> **What to produce**
Using the entries below, write out the line with "subst (λ x.", the line with "pub tick-Leaves : (limits", and every line in between, exactly as each is written.

> **Exercise input**

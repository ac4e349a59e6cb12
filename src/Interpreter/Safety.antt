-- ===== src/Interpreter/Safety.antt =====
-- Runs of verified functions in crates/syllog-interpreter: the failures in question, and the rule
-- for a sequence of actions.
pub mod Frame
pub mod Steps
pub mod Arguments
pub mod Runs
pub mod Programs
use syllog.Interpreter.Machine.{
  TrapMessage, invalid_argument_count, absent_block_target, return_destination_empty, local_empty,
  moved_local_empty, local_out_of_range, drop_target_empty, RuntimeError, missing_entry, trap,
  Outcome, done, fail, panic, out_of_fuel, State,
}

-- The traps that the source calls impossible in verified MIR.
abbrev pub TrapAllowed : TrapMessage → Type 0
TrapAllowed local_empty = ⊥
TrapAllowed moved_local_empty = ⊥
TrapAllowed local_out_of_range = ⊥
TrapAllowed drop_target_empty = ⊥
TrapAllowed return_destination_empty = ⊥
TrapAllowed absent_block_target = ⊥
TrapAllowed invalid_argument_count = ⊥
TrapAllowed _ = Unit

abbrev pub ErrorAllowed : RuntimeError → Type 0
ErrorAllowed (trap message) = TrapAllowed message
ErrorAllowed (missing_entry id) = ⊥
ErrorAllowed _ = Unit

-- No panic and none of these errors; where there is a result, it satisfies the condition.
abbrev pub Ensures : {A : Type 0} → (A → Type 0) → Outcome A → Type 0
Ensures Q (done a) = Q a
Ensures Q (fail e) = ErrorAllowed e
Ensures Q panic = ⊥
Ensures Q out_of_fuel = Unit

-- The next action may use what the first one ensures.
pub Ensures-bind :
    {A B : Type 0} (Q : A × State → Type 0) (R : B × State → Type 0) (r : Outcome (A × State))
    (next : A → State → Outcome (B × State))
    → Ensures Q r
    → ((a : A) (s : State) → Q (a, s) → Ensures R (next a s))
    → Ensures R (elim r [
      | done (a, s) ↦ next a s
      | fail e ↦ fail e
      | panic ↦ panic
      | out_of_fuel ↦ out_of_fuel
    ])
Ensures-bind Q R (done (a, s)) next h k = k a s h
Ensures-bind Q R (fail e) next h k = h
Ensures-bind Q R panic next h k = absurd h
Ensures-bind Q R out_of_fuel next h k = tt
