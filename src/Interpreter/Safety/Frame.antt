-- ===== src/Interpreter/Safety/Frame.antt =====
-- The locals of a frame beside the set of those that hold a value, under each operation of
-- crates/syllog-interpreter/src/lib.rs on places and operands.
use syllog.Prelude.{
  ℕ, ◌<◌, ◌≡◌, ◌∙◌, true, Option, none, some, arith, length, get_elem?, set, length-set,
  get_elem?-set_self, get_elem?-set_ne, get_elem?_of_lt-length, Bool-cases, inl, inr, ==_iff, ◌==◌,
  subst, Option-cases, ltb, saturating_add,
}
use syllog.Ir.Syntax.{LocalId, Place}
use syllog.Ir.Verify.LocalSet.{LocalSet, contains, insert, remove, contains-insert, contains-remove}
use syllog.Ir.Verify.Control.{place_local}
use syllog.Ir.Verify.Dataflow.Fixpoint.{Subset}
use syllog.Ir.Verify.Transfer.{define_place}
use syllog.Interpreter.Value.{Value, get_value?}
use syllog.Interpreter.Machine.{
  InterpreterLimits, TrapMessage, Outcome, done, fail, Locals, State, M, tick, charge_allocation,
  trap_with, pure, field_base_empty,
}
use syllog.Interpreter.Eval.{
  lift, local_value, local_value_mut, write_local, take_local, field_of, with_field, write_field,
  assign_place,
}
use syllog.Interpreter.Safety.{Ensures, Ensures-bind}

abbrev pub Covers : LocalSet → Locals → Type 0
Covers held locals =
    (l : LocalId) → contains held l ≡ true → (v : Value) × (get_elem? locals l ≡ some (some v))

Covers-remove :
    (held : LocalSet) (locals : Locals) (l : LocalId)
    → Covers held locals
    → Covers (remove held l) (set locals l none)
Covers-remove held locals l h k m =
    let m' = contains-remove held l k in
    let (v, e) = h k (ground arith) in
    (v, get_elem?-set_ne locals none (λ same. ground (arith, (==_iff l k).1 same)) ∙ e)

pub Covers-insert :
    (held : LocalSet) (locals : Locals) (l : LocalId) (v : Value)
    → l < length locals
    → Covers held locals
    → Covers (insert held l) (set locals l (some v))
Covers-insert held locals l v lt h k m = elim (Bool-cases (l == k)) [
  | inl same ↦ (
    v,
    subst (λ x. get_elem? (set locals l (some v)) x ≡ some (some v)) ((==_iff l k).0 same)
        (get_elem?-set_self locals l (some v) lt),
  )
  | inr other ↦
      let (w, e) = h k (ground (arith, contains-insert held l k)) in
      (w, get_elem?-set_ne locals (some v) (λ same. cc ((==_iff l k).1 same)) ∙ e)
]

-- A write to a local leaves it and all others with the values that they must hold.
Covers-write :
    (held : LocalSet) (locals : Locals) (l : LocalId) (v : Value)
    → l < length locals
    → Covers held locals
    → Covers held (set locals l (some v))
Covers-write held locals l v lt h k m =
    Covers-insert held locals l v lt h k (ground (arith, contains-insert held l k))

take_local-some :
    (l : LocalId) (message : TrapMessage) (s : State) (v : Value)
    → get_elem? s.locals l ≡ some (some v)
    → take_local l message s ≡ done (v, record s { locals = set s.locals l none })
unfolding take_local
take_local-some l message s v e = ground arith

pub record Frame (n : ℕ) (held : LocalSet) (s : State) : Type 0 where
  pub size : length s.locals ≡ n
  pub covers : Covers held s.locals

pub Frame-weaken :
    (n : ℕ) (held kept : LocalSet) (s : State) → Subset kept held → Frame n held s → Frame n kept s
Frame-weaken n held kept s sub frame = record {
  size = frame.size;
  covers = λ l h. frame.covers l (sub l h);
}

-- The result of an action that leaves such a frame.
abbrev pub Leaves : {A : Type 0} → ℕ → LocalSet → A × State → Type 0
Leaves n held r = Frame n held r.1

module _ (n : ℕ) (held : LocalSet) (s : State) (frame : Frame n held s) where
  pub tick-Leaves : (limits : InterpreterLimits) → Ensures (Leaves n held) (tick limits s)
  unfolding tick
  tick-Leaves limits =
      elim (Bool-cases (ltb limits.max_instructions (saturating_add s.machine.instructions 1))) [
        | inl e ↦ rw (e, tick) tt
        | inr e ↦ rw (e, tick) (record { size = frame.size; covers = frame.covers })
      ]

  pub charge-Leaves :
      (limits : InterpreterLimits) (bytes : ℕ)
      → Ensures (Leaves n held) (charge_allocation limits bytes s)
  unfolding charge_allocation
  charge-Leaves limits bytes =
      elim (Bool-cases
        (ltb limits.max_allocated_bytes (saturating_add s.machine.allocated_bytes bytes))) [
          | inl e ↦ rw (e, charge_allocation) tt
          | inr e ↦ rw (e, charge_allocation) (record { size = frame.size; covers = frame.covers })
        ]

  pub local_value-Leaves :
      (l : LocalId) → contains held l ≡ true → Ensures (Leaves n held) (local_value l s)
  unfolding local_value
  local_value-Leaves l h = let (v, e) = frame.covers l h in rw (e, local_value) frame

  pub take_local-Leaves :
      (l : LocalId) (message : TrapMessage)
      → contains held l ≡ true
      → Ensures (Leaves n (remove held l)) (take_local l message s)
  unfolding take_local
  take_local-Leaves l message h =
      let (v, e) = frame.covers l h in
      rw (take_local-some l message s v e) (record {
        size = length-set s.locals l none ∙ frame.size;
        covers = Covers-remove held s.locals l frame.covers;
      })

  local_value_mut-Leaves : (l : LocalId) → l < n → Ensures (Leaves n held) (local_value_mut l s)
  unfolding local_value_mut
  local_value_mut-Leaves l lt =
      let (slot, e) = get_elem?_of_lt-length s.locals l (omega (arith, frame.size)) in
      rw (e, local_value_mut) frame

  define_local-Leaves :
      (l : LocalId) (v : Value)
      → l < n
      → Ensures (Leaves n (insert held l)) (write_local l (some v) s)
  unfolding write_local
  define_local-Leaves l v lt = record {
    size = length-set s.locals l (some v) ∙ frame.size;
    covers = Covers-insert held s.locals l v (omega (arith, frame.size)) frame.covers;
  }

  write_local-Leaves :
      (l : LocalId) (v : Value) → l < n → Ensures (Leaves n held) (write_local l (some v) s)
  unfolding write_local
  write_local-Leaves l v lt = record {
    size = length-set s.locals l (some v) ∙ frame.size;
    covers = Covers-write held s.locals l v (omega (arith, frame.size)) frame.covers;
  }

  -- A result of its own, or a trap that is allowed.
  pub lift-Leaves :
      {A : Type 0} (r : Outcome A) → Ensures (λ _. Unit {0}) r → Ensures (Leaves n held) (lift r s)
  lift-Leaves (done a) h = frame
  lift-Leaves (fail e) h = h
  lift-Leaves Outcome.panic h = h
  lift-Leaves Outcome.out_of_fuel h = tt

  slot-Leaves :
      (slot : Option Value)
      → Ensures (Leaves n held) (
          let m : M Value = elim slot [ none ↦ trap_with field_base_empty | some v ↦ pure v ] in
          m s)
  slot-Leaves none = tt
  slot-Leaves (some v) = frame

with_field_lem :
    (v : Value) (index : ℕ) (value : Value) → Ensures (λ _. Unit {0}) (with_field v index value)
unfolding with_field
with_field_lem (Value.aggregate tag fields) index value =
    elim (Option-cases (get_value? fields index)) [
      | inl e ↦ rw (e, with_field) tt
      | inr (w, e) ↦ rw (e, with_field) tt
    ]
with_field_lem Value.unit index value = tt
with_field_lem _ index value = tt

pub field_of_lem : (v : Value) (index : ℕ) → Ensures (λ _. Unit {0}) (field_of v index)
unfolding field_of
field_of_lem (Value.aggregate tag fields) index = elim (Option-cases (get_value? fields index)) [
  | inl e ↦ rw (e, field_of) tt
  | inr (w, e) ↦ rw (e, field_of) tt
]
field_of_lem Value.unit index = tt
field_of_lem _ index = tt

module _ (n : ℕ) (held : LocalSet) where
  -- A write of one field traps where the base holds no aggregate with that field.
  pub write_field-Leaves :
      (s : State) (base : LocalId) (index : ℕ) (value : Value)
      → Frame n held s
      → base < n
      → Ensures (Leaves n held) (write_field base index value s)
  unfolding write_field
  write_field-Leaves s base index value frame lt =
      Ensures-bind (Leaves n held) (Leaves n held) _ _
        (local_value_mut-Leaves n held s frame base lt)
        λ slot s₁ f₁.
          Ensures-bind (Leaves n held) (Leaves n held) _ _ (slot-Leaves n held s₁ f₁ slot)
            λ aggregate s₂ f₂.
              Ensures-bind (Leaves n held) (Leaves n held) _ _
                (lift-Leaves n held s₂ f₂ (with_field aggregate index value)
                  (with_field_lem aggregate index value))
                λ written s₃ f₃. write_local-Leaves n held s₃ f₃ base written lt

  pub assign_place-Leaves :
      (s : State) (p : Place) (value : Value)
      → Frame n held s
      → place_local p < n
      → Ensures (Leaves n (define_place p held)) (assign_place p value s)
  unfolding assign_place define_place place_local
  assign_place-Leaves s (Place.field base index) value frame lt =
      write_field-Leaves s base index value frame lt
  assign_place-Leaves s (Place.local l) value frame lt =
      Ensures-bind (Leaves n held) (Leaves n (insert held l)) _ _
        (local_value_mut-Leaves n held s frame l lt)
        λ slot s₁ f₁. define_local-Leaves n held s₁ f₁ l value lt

> **Answer to this exercise**
    subst (λ x. get_elem? (set locals l (some v)) x ≡ some (some v)) ((==_iff l k).0 same)
        (get_elem?-set_self locals l (some v) lt),
  )
  | inr other ↦
      let (w, e) = h k (ground (arith, contains-insert held l k)) in
      (w, get_elem?-set_ne locals (some v) (λ same. cc ((==_iff l k).1 same)) ∙ e)
]

-- A write to a local leaves it and all others with the values that they must hold.
Covers-write :
    (held : LocalSet) (locals : Locals) (l : LocalId) (v : Value)
    → l < length locals
    → Covers held locals
    → Covers held (set locals l (some v))
Covers-write held locals l v lt h k m =
    Covers-insert held locals l v lt h k (ground (arith, contains-insert held l k))

take_local-some :
    (l : LocalId) (message : TrapMessage) (s : State) (v : Value)
    → get_elem? s.locals l ≡ some (some v)
    → take_local l message s ≡ done (v, record s { locals = set s.locals l none })
unfolding take_local
take_local-some l message s v e = ground arith

pub record Frame (n : ℕ) (held : LocalSet) (s : State) : Type 0 where
  pub size : length s.locals ≡ n
  pub covers : Covers held s.locals

pub Frame-weaken :
    (n : ℕ) (held kept : LocalSet) (s : State) → Subset kept held → Frame n held s → Frame n kept s
Frame-weaken n held kept s sub frame = record {
  size = frame.size;
  covers = λ l h. frame.covers l (sub l h);
}

-- The result of an action that leaves such a frame.
abbrev pub Leaves : {A : Type 0} → ℕ → LocalSet → A × State → Type 0
Leaves n held r = Frame n held r.1

module _ (n : ℕ) (held : LocalSet) (s : State) (frame : Frame n held s) where
  pub tick-Leaves : (limits : InterpreterLimits) → Ensures (Leaves n held) (tick limits s)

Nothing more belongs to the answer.